What the task requires — Set down the complete data exactly as it appears below.

Data items:

================================

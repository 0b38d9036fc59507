-- ===== src/Printf/Buffer.antt =====
-- The buffer of `vsnprintf`.
pub mod Texts
use jos.Base.{
  ℕ, zero, suc, ◌+◌, ◌-◌, ◌%◌, ◌^◌, ◌≤◌, ◌<◌, ◌≡◌, sym, ◌≢◌, ◌∙◌, ◌⊎◌, List, [], ◌∷◌, arith, ltb,
  true, false, length, get_or, refl, ap, dec_lt, some, false, ◌==◌, ◌||◌,
}
use Prim.Native.Nat.{min}
use jos.Memory.{Mem, store, SameOutside}
use jos.Str.Copy.{store-same, store_self}
use jos.Types.{u32}
use jos.Printf.{Sprintbuf, sprintputch}
use jos.Printf.Flags.{negative}
use jos.Printf.Format.{emit, vprintfmt}
use jos.Printf.Format.Total.{vprintfmt-Emits}
use jos.Printf.Snprintf.{vsnprintf, null_terminate, new_buffer}

-- After the characters `cs` with room for `room`: the first of them stand in the room, nothing else
-- is written, and all are counted.
record Sprinted (m : Mem) (p room cnt : ℕ) (cs : List ℕ) (after : Mem × Sprintbuf) : Type 0 where
  holds : (i : ℕ) → i < min room (length cs) → after.0 (p + i) ≡ get_or cs i 0 % 2 ^ 8
  same : SameOutside m after.0 p room
  end : after.1.buf ≡ p + min room (length cs)
  counted : after.1.cnt ≡ (cnt + length cs) % 2 ^ 32

sprintputch_room :
    (c : ℕ) (m : Mem) (b : Sprintbuf)
    → b.buf < b.ebuf
    → sprintputch c (m, b)
      ≡ (store m b.buf (c % 2 ^ 8), record b { buf = b.buf + 1; cnt = (b.cnt + 1) % 2 ^ 32 })
unfolding sprintputch
sprintputch_room c m b h = let t : ltb b.buf b.ebuf ≡ true = ground arith in rw t refl

sprintputch_full :
    (c : ℕ) (m : Mem) (b : Sprintbuf)
    → b.ebuf ≤ b.buf
    → sprintputch c (m, b) ≡ (m, record b { cnt = (b.cnt + 1) % 2 ^ 32 })
unfolding sprintputch
sprintputch_full c m b h = let t : ltb b.buf b.ebuf ≡ false = ground arith in rw t refl

held :
    (m' after : Mem) (p room c : ℕ) (cs : List ℕ)
    → ((i : ℕ) → i < min room (length cs) → after (p + 1 + i) ≡ get_or cs i 0 % 2 ^ 8)
    → SameOutside m' after (p + 1) room
    → m' p ≡ c % 2 ^ 8
    → (i : ℕ) → i < min (suc room) (length (c ∷ cs))
    → after (p + i) ≡ get_or (c ∷ cs) i 0 % 2 ^ 8
held m' after p room c cs rest same here zero h =
    let e : p + 0 ≡ p = omega arith in rw e (same p (omega arith) ∙ here)
held m' after p room c cs rest same here (suc i) h =
    let e : p + suc i ≡ p + 1 + i = omega arith in rw e (rest i (omega arith))

abbrev sprint : List ℕ → Mem × Sprintbuf → Mem × Sprintbuf
sprint cs s = emit sprintputch cs s

abbrev at : ℕ → ℕ → ℕ → Sprintbuf
at p end cnt = record { buf = p; ebuf = end; cnt = cnt }

sprint-Sprinted :
    (m : Mem) (p end room cnt : ℕ) (cs : List ℕ)
    → end ≡ p + room
    → cnt < 2 ^ 32
    → Sprinted m p room cnt cs (sprint cs (m, at p end cnt))
unfolding emit
sprint-Sprinted m p end room cnt [] e small = record {
  holds = λ i h. absurd (omega arith);
  same = λ q h. refl;
  end = omega arith;
  counted = omega arith;
}
sprint-Sprinted m p end zero cnt (c ∷ cs) e small =
    let rest = sprint-Sprinted m p end 0 ((cnt + 1) % 2 ^ 32) cs e (omega arith) in
    rw (sprintputch_full c m (at p end cnt) (omega arith)) record {
      holds = λ i h. absurd (omega arith);
      same = rest.same;
      end = omega (arith, rest.end);
      counted = omega (arith, rest.counted);
    }
sprint-Sprinted m p end (suc room) cnt (c ∷ cs) e small =
    let m' = store m p (c % 2 ^ 8) in
    let rest =
      sprint-Sprinted m' (p + 1) end room ((cnt + 1) % 2 ^ 32) cs (omega arith) (omega arith) in
    rw (sprintputch_room c m (at p end cnt) (omega arith)) record {
      holds = λ i h. held m' _ p room c cs rest.holds rest.same (store_self m p _) i h;
      same = λ q h. rest.same q (omega arith) ∙ store-same m p (c % 2 ^ 8) q (omega arith);
      end = omega (arith, rest.end);
      counted = omega (arith, rest.counted);
    }

-- What `vsnprintf` leaves and returns: the first `n - 1` of the characters as bytes, a 0 behind them,
-- nothing written outside the `n` bytes, and the number of all characters, as an `int`.
pub record Snprinted (m : Mem) (p n : ℕ) (cs : List ℕ) (after : Mem × ℕ) : Type 0 where
  pub holds : (i : ℕ) → i < min (n - 1) (length cs) → after.0 (p + i) ≡ get_or cs i 0 % 2 ^ 8
  pub ends : after.0 (p + min (n - 1) (length cs)) ≡ 0
  pub same : SameOutside m after.0 p n
  pub counted : after.1 ≡ length cs % 2 ^ 32

-- The state of `vsnprintf` while it prints: nothing is written outside the buffer, and the room is as
-- it was.
pub record Printing (m : Mem) (p n : ℕ) (s : Mem × Sprintbuf) : Type 0 where
  pub same : SameOutside m s.0 p n
  pub from : p ≤ s.1.buf
  pub up_to : s.1.ebuf ≡ p + n - 1

pub sprintputch-Printing :
    (m : Mem) (p n c : ℕ) (s : Mem × Sprintbuf)
    → Printing m p n s
    → Printing m p n (sprintputch c s)
sprintputch-Printing m p n c (m', b) ok = elim (dec_lt b.buf b.ebuf) [
  | yes h ↦ rw (sprintputch_room c m' b h) record {
    same = λ q out.
        store-same m' b.buf (c % 2 ^ 8) q (omega (arith, out, ok.from, ok.up_to)) ∙ ok.same q out;
    from = omega (arith, ok.from);
    up_to = ok.up_to;
  }
  | no h ↦
      rw (sprintputch_full c m' b (omega arith))
        record { same = ok.same; from = ok.from; up_to = ok.up_to }
]

pub new_buffer-Printing : (m : Mem) (p n : ℕ) → 0 < n → Printing m p n (m, new_buffer p n)
new_buffer-Printing m p n some_room = record {
  same = λ q out. refl;
  from = omega arith;
  up_to = omega arith;
}

pub null_terminate-Snprinted :
    (m : Mem) (p n : ℕ) (cs : List ℕ)
    → 0 < n
    → (r : Mem × ℕ) × (null_terminate (some (sprint cs (m, new_buffer p n))) ≡ some r)
      × Snprinted m p n cs r
unfolding null_terminate
null_terminate-Snprinted m p n cs some_room =
    let s = sprint-Sprinted m p (p + n - 1) (n - 1) 0 cs (omega arith) (omega arith) in
    (
      _,
      refl,
      record {
        holds = λ i h. store-same _ _ 0 _ (omega (arith, s.end)) ∙ s.holds i h;
        ends = rw (sym s.end) (store_self _ _ 0);
        same = λ q h. store-same _ _ 0 q (omega (arith, s.end)) ∙ s.same q (omega arith);
        counted = omega (arith, s.counted);
      },
    )

pub vsnprintf_run :
    (fuel : ℕ) (m : Mem) (p n : ℕ) (fmt : List ℕ) (args : ℕ → ℕ)
    → p ≢ 0
    → 0 < n
    → n < 2 ^ 31
    → vsnprintf fuel m p n fmt args
      ≡ null_terminate (vprintfmt sprintputch (λ s. s.0) fuel fmt args (m, new_buffer p n))
unfolding vsnprintf
vsnprintf_run fuel m p n fmt args h k l =
    let t : (p == 0 || n == 0 || negative n) ≡ false = ground arith in rw t refl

================================

Completed exercise —
repository 0b38d9036fc59507
-- ===== src/Printf/Buffer.antt =====
-- The buffer of `vsnprintf`.
pub mod Texts
use jos.Base.{
  ℕ, zero, suc, ◌+◌, ◌-◌, ◌%◌, ◌^◌, ◌≤◌, ◌<◌, ◌≡◌, sym, ◌≢◌, ◌∙◌, ◌⊎◌, List, [], ◌∷◌, arith, ltb,
  true, false, length, get_or, refl, ap, dec_lt, some, false, ◌==◌, ◌||◌,
}
use Prim.Native.Nat.{min}
use jos.Memory.{Mem, store, SameOutside}
use jos.Str.Copy.{store-same, store_self}
use jos.Types.{u32}
use jos.Printf.{Sprintbuf, sprintputch}
use jos.Printf.Flags.{negative}
use jos.Printf.Format.{emit, vprintfmt}
use jos.Printf.Format.Total.{vprintfmt-Emits}
use jos.Printf.Snprintf.{vsnprintf, null_terminate, new_buffer}

-- After the characters `cs` with room for `room`: the first of them stand in the room, nothing else
-- is written, and all are counted.
record Sprinted (m : Mem) (p room cnt : ℕ) (cs : List ℕ) (after : Mem × Sprintbuf) : Type 0 where
  holds : (i : ℕ) → i < min room (length cs) → after.0 (p + i) ≡ get_or cs i 0 % 2 ^ 8
  same : SameOutside m after.0 p room
  end : after.1.buf ≡ p + min room (length cs)
  counted : after.1.cnt ≡ (cnt + length cs) % 2 ^ 32

sprintputch_room :
    (c : ℕ) (m : Mem) (b : Sprintbuf)
    → b.buf < b.ebuf
    → sprintputch c (m, b)
      ≡ (store m b.buf (c % 2 ^ 8), record b { buf = b.buf + 1; cnt = (b.cnt + 1) % 2 ^ 32 })
unfolding sprintputch
sprintputch_room c m b h = let t : ltb b.buf b.ebuf ≡ true = ground arith in rw t refl

sprintputch_full :
    (c : ℕ) (m : Mem) (b : Sprintbuf)
    → b.ebuf ≤ b.buf
    → sprintputch c (m, b) ≡ (m, record b { cnt = (b.cnt + 1) % 2 ^ 32 })
unfolding sprintputch
sprintputch_full c m b h = let t : ltb b.buf b.ebuf ≡ false = ground arith in rw t refl

held :
    (m' after : Mem) (p room c : ℕ) (cs : List ℕ)
    → ((i : ℕ) → i < min room (length cs) → after (p + 1 + i) ≡ get_or cs i 0 % 2 ^ 8)
    → SameOutside m' after (p + 1) room
    → m' p ≡ c % 2 ^ 8
    → (i : ℕ) → i < min (suc room) (length (c ∷ cs))
    → after (p + i) ≡ get_or (c ∷ cs) i 0 % 2 ^ 8
held m' after p room c cs rest same here zero h =
    let e : p + 0 ≡ p = omega arith in rw e (same p (omega arith) ∙ here)
held m' after p room c cs rest same here (suc i) h =
    let e : p + suc i ≡ p + 1 + i = omega arith in rw e (rest i (omega arith))

abbrev sprint : List ℕ → Mem × Sprintbuf → Mem × Sprintbuf
sprint cs s = emit sprintputch cs s

abbrev at : ℕ → ℕ → ℕ → Sprintbuf
at p end cnt = record { buf = p; ebuf = end; cnt = cnt }

sprint-Sprinted :
    (m : Mem) (p end room cnt : ℕ) (cs : List ℕ)
    → end ≡ p + room
    → cnt < 2 ^ 32
    → Sprinted m p room cnt cs (sprint cs (m, at p end cnt))
unfolding emit
sprint-Sprinted m p end room cnt [] e small = record {
  holds = λ i h. absurd (omega arith);
  same = λ q h. refl;
  end = omega arith;
  counted = omega arith;
}
sprint-Sprinted m p end zero cnt (c ∷ cs) e small =
    let rest = sprint-Sprinted m p end 0 ((cnt + 1) % 2 ^ 32) cs e (omega arith) in
    rw (sprintputch_full c m (at p end cnt) (omega arith)) record {
      holds = λ i h. absurd (omega arith);
      same = rest.same;
      end = omega (arith, rest.end);
      counted = omega (arith, rest.counted);
    }
sprint-Sprinted m p end (suc room) cnt (c ∷ cs) e small =
    let m' = store m p (c % 2 ^ 8) in
    let rest =
      sprint-Sprinted m' (p + 1) end room ((cnt + 1) % 2 ^ 32) cs (omega arith) (omega arith) in
    rw (sprintputch_room c m (at p end cnt) (omega arith)) record {
      holds = λ i h. held m' _ p room c cs rest.holds rest.same (store_self m p _) i h;
      same = λ q h. rest.same q (omega arith) ∙ store-same m p (c % 2 ^ 8) q (omega arith);
      end = omega (arith, rest.end);
      counted = omega (arith, rest.counted);
    }

-- What `vsnprintf` leaves and returns: the first `n - 1` of the characters as bytes, a 0 behind them,
-- nothing written outside the `n` bytes, and the number of all characters, as an `int`.
pub record Snprinted (m : Mem) (p n : ℕ) (cs : List ℕ) (after : Mem × ℕ) : Type 0 where
  pub holds : (i : ℕ) → i < min (n - 1) (length cs) → after.0 (p + i) ≡ get_or cs i 0 % 2 ^ 8
  pub ends : after.0 (p + min (n - 1) (length cs)) ≡ 0
  pub same : SameOutside m after.0 p n
  pub counted : after.1 ≡ length cs % 2 ^ 32

-- The state of `vsnprintf` while it prints: nothing is written outside the buffer, and the room is as
-- it was.
pub record Printing (m : Mem) (p n : ℕ) (s : Mem × Sprintbuf) : Type 0 where
  pub same : SameOutside m s.0 p n
  pub from : p ≤ s.1.buf
  pub up_to : s.1.ebuf ≡ p + n - 1

pub sprintputch-Printing :
    (m : Mem) (p n c : ℕ) (s : Mem × Sprintbuf)
    → Printing m p n s
    → Printing m p n (sprintputch c s)
sprintputch-Printing m p n c (m', b) ok = elim (dec_lt b.buf b.ebuf) [
  | yes h ↦ rw (sprintputch_room c m' b h) record {
    same = λ q out.
        store-same m' b.buf (c % 2 ^ 8) q (omega (arith, out, ok.from, ok.up_to)) ∙ ok.same q out;
    from = omega (arith, ok.from);
    up_to = ok.up_to;
  }
  | no h ↦
      rw (sprintputch_full c m' b (omega arith))
        record { same = ok.same; from = ok.from; up_to = ok.up_to }
]

pub new_buffer-Printing : (m : Mem) (p n : ℕ) → 0 < n → Printing m p n (m, new_buffer p n)
new_buffer-Printing m p n some_room = record {
  same = λ q out. refl;
  from = omega arith;
  up_to = omega arith;
}

pub null_terminate-Snprinted :
    (m : Mem) (p n : ℕ) (cs : List ℕ)
    → 0 < n
    → (r : Mem × ℕ) × (null_terminate (some (sprint cs (m, new_buffer p n))) ≡ some r)
      × Snprinted m p n cs r
unfolding null_terminate
null_terminate-Snprinted m p n cs some_room =
    let s = sprint-Sprinted m p (p + n - 1) (n - 1) 0 cs (omega arith) (omega arith) in
    (
      _,
      refl,
      record {
        holds = λ i h. store-same _ _ 0 _ (omega (arith, s.end)) ∙ s.holds i h;
        ends = rw (sym s.end) (store_self _ _ 0);
        same = λ q h. store-same _ _ 0 q (omega (arith, s.end)) ∙ s.same q (omega arith);
        counted = omega (arith, s.counted);
      },
    )

pub vsnprintf_run :
    (fuel : ℕ) (m : Mem) (p n : ℕ) (fmt : List ℕ) (args : ℕ → ℕ)
    → p ≢ 0
    → 0 < n
    → n < 2 ^ 31
    → vsnprintf fuel m p n fmt args
      ≡ null_terminate (vprintfmt sprintputch (λ s. s.0) fuel fmt args (m, new_buffer p n))
unfolding vsnprintf
vsnprintf_run fuel m p n fmt args h k l =
    let t : (p == 0 || n == 0 || negative n) ≡ false = ground arith in rw t refl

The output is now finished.